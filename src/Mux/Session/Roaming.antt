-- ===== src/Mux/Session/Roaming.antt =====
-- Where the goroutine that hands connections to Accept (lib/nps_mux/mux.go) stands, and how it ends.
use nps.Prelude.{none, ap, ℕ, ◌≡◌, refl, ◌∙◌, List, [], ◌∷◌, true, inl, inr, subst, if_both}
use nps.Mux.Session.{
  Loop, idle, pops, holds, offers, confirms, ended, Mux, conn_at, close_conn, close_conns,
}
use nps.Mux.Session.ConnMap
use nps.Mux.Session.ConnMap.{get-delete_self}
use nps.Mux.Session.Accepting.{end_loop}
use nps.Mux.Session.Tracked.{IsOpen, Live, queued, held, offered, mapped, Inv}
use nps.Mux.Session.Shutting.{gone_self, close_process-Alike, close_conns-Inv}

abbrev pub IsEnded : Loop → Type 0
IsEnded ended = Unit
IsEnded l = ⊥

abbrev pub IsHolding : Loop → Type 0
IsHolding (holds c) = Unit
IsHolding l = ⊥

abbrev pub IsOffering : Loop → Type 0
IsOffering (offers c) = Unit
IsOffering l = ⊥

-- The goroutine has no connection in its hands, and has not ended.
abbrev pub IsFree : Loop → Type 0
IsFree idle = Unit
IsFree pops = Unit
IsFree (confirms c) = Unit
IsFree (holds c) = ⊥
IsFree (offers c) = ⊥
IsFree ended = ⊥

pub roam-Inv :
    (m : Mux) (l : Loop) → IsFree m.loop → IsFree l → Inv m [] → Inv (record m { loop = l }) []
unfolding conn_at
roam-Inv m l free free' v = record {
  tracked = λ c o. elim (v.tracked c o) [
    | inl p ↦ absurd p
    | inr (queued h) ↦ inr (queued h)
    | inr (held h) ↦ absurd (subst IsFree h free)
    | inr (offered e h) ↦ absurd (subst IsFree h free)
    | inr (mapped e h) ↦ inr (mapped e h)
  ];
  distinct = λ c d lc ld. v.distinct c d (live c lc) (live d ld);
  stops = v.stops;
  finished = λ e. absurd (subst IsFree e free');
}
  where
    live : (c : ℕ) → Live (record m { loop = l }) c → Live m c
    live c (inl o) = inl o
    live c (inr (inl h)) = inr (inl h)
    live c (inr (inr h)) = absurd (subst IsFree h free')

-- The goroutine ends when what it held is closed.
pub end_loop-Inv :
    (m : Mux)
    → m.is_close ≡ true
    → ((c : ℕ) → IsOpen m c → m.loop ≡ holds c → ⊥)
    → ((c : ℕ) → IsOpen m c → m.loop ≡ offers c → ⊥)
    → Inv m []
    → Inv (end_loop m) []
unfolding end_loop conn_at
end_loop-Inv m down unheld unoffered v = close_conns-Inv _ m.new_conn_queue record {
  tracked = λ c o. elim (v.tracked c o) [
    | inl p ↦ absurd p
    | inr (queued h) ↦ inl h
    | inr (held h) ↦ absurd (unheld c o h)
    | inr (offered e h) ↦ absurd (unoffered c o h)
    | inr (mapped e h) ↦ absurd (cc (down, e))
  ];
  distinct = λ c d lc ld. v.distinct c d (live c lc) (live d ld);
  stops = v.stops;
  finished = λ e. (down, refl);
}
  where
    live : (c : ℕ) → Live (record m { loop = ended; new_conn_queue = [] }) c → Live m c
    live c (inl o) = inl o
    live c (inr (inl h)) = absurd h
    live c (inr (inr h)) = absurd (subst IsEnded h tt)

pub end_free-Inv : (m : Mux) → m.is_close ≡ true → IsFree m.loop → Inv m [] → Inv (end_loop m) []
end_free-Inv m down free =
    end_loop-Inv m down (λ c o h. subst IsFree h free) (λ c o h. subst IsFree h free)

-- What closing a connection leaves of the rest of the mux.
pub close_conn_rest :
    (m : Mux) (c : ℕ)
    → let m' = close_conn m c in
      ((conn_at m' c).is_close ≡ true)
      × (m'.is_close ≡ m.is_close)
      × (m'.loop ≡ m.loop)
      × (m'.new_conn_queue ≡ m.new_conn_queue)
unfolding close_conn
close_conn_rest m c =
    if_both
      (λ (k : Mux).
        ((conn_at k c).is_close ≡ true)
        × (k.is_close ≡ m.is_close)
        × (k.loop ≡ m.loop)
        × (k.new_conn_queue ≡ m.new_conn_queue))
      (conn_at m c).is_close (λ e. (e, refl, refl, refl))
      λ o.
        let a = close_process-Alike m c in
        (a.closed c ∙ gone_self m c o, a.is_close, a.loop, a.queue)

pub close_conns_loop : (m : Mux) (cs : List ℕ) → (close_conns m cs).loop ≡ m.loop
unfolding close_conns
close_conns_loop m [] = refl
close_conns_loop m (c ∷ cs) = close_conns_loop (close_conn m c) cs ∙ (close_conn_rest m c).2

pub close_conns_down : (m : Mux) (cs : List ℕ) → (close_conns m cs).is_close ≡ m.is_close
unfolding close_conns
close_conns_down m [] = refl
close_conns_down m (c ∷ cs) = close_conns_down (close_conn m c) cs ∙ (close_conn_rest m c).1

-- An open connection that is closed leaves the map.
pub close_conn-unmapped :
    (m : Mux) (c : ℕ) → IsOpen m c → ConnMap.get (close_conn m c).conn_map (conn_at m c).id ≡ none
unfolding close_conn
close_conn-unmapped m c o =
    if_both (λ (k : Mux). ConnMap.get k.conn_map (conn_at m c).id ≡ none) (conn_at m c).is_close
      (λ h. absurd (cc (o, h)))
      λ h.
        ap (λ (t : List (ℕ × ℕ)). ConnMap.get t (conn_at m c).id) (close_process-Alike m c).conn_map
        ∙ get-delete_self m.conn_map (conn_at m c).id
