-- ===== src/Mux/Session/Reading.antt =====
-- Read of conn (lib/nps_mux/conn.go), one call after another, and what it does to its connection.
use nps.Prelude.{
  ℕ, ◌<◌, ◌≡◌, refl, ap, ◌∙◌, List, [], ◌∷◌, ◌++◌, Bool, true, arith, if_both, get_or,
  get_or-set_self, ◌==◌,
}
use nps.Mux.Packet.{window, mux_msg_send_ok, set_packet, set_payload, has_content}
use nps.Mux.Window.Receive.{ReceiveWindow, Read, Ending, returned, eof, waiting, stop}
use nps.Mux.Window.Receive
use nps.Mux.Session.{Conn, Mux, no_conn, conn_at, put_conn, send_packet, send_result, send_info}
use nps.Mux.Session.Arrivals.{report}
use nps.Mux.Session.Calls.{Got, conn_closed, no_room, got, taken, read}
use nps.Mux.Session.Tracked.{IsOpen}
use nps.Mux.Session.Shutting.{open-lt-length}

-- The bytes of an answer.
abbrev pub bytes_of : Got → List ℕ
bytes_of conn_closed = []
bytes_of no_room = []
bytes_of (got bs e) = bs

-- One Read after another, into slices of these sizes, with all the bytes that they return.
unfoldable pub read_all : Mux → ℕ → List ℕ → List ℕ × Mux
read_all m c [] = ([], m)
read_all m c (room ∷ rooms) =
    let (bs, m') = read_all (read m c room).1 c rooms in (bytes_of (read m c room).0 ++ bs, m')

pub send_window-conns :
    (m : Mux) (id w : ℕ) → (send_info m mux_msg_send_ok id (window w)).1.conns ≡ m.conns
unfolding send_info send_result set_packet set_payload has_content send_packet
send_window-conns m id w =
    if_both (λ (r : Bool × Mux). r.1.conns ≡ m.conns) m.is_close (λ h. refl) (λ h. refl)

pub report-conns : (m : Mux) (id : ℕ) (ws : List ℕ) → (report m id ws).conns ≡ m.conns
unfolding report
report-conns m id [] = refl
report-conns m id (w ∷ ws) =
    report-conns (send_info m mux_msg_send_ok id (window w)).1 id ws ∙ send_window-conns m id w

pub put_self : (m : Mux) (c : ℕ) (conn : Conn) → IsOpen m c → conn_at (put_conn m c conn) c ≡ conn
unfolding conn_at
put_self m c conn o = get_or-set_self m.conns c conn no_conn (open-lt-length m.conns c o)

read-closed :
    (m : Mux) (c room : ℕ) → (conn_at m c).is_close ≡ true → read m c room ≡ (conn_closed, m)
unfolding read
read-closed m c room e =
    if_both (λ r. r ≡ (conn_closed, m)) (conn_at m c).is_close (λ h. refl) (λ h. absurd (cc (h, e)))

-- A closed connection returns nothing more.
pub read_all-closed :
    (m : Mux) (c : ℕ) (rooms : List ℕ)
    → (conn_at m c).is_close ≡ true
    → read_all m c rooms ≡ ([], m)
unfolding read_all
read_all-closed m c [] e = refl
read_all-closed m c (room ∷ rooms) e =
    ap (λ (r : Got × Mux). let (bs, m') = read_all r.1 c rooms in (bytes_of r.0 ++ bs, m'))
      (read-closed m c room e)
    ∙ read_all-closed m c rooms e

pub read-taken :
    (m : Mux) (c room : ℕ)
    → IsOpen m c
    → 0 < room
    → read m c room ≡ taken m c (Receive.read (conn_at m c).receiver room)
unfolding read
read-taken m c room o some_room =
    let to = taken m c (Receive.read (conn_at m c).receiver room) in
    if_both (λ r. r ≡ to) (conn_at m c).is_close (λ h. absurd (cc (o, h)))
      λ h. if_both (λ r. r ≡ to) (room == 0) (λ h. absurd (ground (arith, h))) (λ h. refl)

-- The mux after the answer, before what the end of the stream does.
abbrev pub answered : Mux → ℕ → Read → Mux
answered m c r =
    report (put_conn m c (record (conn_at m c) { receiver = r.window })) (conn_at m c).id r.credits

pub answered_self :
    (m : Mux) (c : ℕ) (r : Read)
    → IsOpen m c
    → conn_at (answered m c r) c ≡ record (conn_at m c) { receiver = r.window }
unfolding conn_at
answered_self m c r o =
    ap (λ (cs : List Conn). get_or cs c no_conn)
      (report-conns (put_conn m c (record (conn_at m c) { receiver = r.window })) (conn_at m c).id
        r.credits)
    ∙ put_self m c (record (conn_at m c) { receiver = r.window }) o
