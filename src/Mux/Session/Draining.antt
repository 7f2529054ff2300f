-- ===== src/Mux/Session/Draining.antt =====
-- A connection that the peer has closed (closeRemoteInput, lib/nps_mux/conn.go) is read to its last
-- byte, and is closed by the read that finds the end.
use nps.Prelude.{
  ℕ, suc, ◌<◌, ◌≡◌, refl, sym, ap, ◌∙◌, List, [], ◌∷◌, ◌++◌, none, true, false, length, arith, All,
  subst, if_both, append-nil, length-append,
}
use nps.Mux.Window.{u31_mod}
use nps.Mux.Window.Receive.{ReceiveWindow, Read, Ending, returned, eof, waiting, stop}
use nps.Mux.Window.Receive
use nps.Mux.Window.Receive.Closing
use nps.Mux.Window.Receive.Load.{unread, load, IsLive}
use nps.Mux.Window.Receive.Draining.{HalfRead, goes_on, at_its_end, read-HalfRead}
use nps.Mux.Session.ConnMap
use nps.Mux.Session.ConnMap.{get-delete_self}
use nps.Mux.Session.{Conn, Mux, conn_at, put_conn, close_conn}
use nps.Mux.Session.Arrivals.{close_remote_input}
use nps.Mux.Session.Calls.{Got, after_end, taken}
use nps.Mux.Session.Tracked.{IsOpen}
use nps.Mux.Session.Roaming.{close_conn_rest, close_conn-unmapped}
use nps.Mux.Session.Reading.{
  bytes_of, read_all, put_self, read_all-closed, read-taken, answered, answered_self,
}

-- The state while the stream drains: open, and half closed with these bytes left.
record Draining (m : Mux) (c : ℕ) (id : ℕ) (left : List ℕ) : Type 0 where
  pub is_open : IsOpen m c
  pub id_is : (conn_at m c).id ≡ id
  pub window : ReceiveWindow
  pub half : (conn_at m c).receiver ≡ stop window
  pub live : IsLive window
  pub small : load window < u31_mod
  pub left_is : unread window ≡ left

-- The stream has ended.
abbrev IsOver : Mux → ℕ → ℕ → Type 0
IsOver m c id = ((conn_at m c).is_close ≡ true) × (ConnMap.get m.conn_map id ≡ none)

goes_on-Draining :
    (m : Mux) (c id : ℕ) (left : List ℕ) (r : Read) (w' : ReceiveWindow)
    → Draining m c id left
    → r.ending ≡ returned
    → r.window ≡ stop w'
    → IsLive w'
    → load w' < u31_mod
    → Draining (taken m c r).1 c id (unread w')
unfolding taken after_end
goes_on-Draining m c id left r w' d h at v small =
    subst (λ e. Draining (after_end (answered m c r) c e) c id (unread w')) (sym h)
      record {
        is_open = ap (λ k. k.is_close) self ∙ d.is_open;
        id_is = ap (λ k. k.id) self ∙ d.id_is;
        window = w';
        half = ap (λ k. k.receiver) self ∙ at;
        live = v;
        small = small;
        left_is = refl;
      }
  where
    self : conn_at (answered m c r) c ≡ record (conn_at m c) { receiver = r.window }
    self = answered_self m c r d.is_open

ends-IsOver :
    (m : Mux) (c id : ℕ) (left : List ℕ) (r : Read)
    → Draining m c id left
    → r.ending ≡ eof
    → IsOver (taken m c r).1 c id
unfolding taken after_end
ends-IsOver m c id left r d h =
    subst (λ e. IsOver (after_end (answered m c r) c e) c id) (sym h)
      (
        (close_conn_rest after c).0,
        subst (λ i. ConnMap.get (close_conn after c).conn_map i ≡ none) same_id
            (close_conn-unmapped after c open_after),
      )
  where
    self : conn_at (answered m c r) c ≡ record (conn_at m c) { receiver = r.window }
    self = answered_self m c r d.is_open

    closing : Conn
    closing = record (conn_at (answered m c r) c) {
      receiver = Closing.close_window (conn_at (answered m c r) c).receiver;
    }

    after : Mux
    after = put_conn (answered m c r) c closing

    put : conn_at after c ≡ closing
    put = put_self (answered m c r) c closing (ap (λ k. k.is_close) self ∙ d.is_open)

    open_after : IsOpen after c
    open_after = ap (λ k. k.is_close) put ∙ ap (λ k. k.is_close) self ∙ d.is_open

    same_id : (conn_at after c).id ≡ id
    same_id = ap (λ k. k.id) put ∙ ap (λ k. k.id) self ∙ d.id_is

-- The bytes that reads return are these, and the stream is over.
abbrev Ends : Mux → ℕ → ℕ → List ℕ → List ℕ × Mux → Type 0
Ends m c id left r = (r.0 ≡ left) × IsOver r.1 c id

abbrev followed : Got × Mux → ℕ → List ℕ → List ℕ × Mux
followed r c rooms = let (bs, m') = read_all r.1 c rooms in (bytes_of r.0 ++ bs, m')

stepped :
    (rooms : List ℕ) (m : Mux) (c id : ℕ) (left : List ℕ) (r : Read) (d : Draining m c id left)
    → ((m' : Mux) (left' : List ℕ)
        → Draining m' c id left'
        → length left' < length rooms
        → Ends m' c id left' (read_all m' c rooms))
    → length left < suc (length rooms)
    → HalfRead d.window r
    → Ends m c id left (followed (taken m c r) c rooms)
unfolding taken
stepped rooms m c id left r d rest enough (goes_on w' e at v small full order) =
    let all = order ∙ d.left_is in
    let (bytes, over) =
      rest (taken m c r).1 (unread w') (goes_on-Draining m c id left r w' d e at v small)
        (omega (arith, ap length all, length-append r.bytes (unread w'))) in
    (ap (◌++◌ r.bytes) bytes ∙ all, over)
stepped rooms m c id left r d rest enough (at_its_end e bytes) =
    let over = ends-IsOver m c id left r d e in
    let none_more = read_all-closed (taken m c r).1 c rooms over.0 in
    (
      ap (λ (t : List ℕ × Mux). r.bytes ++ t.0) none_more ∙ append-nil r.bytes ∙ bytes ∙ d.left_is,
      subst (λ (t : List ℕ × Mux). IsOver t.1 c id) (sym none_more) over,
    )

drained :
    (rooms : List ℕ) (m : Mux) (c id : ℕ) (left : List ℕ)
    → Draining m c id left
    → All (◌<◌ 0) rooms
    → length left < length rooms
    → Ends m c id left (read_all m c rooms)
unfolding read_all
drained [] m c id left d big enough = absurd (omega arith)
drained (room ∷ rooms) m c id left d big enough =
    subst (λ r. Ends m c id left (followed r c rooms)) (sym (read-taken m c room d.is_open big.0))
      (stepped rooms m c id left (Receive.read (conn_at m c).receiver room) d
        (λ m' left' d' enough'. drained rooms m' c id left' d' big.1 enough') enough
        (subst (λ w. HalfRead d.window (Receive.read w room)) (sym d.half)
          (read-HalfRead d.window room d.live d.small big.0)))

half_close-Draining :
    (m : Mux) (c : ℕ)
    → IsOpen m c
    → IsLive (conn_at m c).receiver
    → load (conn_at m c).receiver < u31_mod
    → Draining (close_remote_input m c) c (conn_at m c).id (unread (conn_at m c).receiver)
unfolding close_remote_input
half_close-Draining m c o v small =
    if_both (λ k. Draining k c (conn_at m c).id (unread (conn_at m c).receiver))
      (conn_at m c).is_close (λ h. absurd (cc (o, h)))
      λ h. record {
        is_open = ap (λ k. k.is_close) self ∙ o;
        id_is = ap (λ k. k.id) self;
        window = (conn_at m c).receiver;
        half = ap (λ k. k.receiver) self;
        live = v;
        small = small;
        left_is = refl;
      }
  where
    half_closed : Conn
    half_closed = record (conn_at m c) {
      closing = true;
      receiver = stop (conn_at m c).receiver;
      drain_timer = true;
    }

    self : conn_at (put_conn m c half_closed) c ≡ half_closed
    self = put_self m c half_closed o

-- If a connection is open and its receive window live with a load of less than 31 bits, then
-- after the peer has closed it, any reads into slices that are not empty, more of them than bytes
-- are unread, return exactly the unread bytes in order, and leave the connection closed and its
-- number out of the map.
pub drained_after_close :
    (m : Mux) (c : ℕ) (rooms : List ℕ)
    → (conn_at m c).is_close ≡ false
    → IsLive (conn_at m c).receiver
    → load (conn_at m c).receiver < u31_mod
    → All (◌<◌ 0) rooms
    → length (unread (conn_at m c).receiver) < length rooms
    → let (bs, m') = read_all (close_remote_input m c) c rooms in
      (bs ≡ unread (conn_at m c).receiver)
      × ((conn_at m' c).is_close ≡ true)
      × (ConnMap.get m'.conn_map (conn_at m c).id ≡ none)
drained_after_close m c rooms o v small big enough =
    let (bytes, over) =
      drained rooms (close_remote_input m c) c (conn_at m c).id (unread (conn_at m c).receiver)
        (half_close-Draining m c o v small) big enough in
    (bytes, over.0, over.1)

__What the task requires__. The answer must consist of every line from the entries above that contains the string "ReceiveWindow".

__Output of the exercise__.
use nps.Mux.Window.Receive.{ReceiveWindow, Read, Ending, returned, eof, waiting, stop}
use nps.Mux.Window.Receive.{ReceiveWindow, Read, Ending, returned, eof, waiting, stop}
  pub window : ReceiveWindow
    (m : Mux) (c id : ℕ) (left : List ℕ) (r : Read) (w' : ReceiveWindow)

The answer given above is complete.